● Task goal
Copy each line of the entries that includes the word "keeps".

● Stored entries
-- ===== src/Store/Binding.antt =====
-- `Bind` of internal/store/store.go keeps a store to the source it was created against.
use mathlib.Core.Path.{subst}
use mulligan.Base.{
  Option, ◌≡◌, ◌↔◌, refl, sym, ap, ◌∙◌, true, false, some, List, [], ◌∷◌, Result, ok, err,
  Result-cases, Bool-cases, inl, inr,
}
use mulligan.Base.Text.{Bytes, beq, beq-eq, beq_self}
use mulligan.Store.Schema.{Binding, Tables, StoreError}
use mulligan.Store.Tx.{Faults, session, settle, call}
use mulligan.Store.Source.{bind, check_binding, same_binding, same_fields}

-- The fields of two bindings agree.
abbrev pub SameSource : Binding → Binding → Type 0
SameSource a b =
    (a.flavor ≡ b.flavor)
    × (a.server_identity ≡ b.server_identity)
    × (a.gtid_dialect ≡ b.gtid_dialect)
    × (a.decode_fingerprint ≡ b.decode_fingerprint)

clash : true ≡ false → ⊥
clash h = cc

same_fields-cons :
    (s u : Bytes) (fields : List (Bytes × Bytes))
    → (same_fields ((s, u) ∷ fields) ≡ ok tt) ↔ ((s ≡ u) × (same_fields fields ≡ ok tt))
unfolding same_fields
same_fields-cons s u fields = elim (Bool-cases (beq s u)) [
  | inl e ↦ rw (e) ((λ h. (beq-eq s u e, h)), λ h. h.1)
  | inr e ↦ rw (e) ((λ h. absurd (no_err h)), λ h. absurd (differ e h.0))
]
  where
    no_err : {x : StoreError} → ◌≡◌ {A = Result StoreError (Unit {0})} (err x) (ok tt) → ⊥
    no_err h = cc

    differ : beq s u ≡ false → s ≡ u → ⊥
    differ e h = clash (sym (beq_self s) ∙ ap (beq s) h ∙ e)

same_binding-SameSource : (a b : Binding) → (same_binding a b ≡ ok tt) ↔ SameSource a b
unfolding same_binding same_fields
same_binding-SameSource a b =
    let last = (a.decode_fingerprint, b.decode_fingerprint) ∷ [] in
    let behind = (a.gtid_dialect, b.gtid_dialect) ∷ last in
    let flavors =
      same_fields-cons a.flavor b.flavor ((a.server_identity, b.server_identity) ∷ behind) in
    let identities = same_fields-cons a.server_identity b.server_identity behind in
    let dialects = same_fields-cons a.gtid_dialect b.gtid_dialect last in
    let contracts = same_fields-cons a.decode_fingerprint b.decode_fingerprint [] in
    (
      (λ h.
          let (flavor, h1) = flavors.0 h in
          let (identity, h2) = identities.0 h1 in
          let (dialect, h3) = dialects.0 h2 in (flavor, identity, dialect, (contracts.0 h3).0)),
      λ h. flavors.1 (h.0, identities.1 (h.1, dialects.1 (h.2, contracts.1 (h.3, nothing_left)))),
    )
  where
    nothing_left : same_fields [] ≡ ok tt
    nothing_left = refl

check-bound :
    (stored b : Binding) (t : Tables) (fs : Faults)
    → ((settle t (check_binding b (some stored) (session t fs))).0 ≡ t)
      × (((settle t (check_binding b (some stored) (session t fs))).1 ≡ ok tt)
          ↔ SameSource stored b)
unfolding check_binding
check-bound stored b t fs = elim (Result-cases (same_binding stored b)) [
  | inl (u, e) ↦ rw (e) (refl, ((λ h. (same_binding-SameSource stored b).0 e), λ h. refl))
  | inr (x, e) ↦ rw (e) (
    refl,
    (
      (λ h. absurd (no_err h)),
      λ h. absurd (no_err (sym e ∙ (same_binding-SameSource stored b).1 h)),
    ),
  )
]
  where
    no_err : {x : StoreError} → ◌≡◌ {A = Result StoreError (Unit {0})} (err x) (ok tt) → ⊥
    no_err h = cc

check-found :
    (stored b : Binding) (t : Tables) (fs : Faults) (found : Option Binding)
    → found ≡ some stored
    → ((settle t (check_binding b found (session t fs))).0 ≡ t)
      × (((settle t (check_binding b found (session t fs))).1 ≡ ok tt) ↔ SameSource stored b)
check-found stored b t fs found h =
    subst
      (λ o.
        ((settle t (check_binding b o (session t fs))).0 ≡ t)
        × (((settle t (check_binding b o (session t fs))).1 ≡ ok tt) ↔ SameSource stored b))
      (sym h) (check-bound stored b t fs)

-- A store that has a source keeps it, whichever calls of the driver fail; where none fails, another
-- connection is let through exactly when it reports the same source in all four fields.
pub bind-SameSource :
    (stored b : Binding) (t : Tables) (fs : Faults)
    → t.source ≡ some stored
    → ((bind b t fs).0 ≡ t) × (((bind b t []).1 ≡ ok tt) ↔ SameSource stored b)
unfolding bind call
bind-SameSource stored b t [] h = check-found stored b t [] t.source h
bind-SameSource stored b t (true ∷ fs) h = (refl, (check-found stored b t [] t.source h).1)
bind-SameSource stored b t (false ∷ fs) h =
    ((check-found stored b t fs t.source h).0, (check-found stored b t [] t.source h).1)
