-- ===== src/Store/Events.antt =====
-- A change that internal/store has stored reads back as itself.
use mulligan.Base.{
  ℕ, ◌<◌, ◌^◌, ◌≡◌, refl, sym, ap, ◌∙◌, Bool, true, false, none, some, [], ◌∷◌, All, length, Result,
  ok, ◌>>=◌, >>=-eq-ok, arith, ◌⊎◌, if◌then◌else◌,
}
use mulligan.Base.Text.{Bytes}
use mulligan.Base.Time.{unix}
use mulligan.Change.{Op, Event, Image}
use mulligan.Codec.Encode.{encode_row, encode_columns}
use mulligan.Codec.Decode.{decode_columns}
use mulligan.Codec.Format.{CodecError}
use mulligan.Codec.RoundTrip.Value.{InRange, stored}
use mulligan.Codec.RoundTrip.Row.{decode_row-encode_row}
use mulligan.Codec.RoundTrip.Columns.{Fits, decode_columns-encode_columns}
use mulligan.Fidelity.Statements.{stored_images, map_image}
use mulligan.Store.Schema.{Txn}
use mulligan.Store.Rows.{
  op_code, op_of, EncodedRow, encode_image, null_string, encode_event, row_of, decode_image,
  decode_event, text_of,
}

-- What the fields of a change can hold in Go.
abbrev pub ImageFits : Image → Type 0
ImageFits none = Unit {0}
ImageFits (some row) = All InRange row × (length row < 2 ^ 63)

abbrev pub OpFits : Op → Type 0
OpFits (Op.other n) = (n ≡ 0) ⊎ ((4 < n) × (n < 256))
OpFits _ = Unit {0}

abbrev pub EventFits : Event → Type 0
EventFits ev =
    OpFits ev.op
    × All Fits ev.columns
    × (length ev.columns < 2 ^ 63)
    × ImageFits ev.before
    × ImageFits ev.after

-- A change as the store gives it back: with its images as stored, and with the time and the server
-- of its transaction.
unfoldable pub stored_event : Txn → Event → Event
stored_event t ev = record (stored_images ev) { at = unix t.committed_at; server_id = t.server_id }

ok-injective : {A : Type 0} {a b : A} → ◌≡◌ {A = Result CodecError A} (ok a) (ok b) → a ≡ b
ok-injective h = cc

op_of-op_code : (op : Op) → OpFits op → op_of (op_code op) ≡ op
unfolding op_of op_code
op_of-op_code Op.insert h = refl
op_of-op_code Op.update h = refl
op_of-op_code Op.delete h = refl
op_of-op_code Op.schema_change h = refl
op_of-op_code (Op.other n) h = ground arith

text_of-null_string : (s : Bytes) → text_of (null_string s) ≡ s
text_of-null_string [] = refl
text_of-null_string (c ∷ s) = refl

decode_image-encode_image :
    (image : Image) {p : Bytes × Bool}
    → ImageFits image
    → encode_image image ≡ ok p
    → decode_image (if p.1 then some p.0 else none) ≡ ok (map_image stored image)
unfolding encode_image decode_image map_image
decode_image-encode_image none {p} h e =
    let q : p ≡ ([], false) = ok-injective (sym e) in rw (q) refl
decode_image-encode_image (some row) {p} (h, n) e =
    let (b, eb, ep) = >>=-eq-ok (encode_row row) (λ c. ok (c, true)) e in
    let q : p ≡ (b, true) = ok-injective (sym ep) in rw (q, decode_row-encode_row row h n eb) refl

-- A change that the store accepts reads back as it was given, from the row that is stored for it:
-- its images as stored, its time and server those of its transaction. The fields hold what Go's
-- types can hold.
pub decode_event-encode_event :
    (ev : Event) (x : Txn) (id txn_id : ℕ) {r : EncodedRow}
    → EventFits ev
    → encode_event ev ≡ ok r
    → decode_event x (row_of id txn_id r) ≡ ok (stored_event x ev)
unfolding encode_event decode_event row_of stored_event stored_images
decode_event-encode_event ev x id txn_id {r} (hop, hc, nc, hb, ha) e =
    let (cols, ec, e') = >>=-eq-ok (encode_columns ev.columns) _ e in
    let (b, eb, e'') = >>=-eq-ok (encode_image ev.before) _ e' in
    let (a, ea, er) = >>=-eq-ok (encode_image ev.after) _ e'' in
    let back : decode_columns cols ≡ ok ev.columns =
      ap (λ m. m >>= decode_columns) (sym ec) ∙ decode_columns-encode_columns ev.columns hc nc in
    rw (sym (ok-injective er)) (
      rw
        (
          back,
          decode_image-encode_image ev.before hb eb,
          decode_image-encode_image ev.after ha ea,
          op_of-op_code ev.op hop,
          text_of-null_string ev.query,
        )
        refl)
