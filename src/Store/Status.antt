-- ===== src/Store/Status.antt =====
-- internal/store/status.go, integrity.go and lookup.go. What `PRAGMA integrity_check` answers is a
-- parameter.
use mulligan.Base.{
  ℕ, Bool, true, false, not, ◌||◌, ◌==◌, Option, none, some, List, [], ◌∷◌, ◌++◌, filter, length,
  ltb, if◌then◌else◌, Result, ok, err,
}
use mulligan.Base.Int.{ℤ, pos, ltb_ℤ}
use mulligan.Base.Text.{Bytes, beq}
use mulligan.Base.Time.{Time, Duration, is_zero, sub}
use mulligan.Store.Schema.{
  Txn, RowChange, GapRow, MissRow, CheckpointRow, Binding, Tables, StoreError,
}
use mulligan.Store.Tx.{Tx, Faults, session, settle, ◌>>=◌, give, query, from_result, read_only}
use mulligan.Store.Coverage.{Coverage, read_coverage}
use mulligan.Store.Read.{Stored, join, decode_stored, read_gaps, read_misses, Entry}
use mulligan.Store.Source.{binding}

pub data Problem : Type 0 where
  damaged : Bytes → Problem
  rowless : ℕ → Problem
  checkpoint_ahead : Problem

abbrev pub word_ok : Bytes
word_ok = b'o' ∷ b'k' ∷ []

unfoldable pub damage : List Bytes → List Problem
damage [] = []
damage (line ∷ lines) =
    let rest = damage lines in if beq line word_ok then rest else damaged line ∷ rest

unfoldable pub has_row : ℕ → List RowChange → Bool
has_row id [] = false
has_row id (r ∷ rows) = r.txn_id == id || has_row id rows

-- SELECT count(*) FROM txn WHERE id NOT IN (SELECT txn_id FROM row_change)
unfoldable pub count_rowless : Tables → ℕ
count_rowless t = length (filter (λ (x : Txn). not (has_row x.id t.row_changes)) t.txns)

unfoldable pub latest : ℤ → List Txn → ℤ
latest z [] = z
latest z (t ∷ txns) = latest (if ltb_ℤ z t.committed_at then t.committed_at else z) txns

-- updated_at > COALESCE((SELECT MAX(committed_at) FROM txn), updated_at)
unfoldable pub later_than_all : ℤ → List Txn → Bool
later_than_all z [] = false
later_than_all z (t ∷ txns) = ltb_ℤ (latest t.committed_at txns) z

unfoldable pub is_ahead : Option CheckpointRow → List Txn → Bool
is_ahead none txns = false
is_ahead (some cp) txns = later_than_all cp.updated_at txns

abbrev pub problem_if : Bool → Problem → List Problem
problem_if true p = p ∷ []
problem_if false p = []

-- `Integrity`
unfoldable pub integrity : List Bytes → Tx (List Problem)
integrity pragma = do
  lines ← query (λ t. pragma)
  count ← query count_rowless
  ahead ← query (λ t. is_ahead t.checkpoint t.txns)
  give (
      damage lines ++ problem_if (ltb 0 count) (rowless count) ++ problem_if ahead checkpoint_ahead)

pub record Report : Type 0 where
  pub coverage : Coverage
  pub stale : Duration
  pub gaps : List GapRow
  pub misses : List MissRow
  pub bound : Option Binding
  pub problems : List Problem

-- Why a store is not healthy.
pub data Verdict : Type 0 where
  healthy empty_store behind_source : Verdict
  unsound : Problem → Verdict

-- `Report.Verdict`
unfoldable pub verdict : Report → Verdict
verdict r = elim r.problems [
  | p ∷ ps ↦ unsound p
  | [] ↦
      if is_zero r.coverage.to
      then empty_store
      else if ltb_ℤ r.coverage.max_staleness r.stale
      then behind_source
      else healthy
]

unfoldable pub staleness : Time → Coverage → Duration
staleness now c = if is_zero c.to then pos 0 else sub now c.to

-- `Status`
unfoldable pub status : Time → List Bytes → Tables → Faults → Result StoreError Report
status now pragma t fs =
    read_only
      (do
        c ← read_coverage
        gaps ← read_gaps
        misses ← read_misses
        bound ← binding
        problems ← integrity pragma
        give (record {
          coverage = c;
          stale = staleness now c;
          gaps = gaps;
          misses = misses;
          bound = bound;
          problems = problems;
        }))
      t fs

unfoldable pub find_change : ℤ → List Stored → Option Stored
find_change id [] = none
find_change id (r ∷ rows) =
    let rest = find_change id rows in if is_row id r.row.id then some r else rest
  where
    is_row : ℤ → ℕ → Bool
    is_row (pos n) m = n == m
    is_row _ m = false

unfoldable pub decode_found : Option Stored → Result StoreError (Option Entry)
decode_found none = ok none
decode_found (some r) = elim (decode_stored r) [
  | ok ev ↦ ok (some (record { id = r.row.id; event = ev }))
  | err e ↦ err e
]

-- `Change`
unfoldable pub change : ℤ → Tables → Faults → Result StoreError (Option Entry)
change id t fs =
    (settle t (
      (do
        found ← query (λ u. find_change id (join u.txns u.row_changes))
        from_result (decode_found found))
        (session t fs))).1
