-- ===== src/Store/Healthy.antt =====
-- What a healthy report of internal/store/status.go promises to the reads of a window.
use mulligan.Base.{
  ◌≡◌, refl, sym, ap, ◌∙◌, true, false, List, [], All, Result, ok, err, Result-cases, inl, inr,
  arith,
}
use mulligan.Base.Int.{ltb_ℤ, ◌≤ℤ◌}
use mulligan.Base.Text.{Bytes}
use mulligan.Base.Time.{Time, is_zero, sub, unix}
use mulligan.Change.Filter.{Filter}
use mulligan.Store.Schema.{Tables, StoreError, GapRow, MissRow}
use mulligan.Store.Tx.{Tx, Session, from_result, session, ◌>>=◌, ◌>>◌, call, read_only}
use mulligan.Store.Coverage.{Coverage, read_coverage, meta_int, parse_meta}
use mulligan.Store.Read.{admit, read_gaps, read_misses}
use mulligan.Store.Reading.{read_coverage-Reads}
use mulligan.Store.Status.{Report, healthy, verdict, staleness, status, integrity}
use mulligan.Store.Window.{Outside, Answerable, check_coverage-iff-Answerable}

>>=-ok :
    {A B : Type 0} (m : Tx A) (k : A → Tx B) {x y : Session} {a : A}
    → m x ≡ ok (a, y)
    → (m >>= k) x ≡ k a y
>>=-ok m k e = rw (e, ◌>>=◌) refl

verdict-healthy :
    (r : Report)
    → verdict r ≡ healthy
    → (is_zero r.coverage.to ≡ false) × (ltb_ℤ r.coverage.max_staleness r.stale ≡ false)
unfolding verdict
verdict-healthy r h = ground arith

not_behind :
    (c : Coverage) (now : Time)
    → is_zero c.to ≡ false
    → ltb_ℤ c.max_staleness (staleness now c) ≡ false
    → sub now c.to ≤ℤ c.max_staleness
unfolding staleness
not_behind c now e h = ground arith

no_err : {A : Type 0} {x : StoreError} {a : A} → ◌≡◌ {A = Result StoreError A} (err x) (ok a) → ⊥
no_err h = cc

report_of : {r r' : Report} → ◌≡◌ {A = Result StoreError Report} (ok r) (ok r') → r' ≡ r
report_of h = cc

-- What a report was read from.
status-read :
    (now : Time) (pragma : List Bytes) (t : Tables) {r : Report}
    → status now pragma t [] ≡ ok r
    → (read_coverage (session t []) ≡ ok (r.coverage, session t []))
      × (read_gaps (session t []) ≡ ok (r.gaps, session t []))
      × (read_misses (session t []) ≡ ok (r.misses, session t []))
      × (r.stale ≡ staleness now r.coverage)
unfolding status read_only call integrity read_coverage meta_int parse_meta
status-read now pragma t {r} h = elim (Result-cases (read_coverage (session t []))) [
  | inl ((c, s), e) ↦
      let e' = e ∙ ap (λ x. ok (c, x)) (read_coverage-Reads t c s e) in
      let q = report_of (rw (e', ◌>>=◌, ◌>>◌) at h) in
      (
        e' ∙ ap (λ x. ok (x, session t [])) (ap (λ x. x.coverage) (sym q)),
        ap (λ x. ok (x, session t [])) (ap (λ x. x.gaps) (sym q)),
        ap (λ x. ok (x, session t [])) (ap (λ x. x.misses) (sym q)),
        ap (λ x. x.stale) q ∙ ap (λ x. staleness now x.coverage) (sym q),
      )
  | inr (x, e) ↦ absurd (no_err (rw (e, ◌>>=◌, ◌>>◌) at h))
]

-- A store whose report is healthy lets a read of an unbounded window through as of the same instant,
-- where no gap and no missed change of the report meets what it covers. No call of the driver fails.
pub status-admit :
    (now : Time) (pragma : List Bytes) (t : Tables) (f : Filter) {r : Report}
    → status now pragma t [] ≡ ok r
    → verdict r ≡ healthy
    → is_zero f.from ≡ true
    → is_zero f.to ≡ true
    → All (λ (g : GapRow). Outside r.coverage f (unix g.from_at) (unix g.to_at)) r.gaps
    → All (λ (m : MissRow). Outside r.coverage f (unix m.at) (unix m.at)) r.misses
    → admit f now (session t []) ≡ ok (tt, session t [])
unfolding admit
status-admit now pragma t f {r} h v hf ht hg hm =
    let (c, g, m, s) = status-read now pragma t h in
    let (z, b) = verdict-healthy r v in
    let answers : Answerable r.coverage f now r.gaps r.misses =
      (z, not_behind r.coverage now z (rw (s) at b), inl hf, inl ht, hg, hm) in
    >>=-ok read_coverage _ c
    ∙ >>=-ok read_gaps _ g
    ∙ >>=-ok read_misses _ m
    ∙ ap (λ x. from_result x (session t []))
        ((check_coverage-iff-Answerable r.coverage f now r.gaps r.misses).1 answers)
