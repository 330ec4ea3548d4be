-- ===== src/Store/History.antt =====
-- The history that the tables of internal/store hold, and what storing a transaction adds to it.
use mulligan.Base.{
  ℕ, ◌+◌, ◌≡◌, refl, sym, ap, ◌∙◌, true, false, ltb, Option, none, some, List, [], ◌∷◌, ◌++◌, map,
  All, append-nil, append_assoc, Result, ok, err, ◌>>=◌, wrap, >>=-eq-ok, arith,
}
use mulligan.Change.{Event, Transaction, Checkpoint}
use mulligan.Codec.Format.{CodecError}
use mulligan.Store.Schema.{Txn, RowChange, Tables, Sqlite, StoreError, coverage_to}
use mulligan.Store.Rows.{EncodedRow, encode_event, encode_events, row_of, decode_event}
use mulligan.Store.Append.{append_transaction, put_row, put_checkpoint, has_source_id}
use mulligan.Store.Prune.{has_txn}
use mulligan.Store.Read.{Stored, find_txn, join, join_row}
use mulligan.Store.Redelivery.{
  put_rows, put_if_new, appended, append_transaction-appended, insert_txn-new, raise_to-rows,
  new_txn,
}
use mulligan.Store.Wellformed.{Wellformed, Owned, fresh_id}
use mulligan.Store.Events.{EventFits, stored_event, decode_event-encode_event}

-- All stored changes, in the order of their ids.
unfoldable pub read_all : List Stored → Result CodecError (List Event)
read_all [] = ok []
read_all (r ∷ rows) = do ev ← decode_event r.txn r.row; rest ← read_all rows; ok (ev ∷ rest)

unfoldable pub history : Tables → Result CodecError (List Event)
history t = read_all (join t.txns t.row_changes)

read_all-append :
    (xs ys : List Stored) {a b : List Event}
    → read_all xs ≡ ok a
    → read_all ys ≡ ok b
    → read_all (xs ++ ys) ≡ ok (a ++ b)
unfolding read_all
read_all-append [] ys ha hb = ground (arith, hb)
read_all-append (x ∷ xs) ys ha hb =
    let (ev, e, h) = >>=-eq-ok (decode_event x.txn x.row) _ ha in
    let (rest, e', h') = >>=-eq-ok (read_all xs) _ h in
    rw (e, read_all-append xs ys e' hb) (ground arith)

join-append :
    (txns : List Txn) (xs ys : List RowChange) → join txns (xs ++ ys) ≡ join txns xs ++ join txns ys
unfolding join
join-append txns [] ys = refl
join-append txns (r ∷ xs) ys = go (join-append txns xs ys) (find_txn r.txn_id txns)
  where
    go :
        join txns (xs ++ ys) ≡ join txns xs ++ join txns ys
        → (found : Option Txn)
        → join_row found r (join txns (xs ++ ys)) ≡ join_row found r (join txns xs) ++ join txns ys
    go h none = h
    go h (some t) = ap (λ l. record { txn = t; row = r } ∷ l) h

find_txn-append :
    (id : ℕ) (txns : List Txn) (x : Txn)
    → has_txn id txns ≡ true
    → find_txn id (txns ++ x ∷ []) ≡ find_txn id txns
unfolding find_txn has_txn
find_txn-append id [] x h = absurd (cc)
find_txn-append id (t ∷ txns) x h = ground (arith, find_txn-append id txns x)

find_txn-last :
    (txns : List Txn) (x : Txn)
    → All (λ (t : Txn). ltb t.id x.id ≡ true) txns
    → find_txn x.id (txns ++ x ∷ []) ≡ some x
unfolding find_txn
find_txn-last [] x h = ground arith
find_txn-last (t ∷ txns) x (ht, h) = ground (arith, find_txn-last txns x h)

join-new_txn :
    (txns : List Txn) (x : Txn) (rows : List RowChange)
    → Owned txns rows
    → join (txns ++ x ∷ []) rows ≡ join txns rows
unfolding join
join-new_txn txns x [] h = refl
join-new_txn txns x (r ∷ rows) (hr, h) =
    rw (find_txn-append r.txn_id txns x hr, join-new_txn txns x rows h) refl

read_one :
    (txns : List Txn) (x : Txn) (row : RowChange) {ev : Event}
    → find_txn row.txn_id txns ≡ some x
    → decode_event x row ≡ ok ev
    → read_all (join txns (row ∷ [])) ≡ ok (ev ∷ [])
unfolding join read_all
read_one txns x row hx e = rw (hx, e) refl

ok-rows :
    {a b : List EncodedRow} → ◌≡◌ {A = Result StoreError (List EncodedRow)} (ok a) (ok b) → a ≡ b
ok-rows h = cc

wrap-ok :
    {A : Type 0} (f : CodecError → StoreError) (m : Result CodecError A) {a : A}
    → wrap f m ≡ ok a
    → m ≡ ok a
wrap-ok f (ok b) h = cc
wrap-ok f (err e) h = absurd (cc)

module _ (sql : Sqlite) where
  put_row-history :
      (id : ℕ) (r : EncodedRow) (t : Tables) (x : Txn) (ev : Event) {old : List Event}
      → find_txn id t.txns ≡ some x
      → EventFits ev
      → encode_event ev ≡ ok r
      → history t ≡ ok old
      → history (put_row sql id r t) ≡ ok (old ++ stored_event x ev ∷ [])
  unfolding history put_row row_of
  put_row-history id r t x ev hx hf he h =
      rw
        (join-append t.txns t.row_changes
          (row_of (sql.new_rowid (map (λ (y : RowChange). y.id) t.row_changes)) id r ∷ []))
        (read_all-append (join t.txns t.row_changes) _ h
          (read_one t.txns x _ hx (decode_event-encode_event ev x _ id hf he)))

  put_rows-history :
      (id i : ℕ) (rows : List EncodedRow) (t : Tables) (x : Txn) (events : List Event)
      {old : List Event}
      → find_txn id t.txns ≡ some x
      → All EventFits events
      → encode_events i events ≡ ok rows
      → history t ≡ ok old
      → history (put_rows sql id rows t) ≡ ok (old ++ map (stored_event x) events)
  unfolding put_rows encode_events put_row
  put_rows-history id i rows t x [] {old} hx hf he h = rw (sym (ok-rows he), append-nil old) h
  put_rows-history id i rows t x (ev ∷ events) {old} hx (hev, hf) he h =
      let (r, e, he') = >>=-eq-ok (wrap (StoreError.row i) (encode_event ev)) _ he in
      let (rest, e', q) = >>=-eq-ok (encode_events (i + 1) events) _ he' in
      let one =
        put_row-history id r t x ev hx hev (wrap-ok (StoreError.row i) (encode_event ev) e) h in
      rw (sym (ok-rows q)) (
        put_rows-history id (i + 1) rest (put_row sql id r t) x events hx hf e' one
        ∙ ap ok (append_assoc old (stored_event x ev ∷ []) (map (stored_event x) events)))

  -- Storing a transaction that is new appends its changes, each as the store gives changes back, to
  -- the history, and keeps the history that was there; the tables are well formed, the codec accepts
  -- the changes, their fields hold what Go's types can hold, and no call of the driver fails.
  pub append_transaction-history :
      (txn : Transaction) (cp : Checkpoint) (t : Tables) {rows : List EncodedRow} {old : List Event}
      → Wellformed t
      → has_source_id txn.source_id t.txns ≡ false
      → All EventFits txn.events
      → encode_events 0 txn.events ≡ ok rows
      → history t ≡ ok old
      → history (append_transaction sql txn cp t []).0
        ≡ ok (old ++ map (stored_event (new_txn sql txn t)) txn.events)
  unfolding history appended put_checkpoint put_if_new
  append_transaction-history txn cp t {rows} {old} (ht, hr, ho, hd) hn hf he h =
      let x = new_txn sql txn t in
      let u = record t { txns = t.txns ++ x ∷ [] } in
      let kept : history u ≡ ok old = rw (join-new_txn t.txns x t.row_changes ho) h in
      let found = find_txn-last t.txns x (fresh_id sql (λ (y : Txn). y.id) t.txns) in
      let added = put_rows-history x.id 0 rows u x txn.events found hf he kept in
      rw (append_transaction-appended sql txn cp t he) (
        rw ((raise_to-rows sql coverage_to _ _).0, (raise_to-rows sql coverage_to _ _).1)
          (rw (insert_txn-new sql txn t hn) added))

● Task response
-- `Bind` of internal/store/store.go keeps a store to the source it was created against.
-- A store that has a source keeps it, whichever calls of the driver fail; where none fails, another
  -- the history, and keeps the history that was there; the tables are well formed, the codec accepts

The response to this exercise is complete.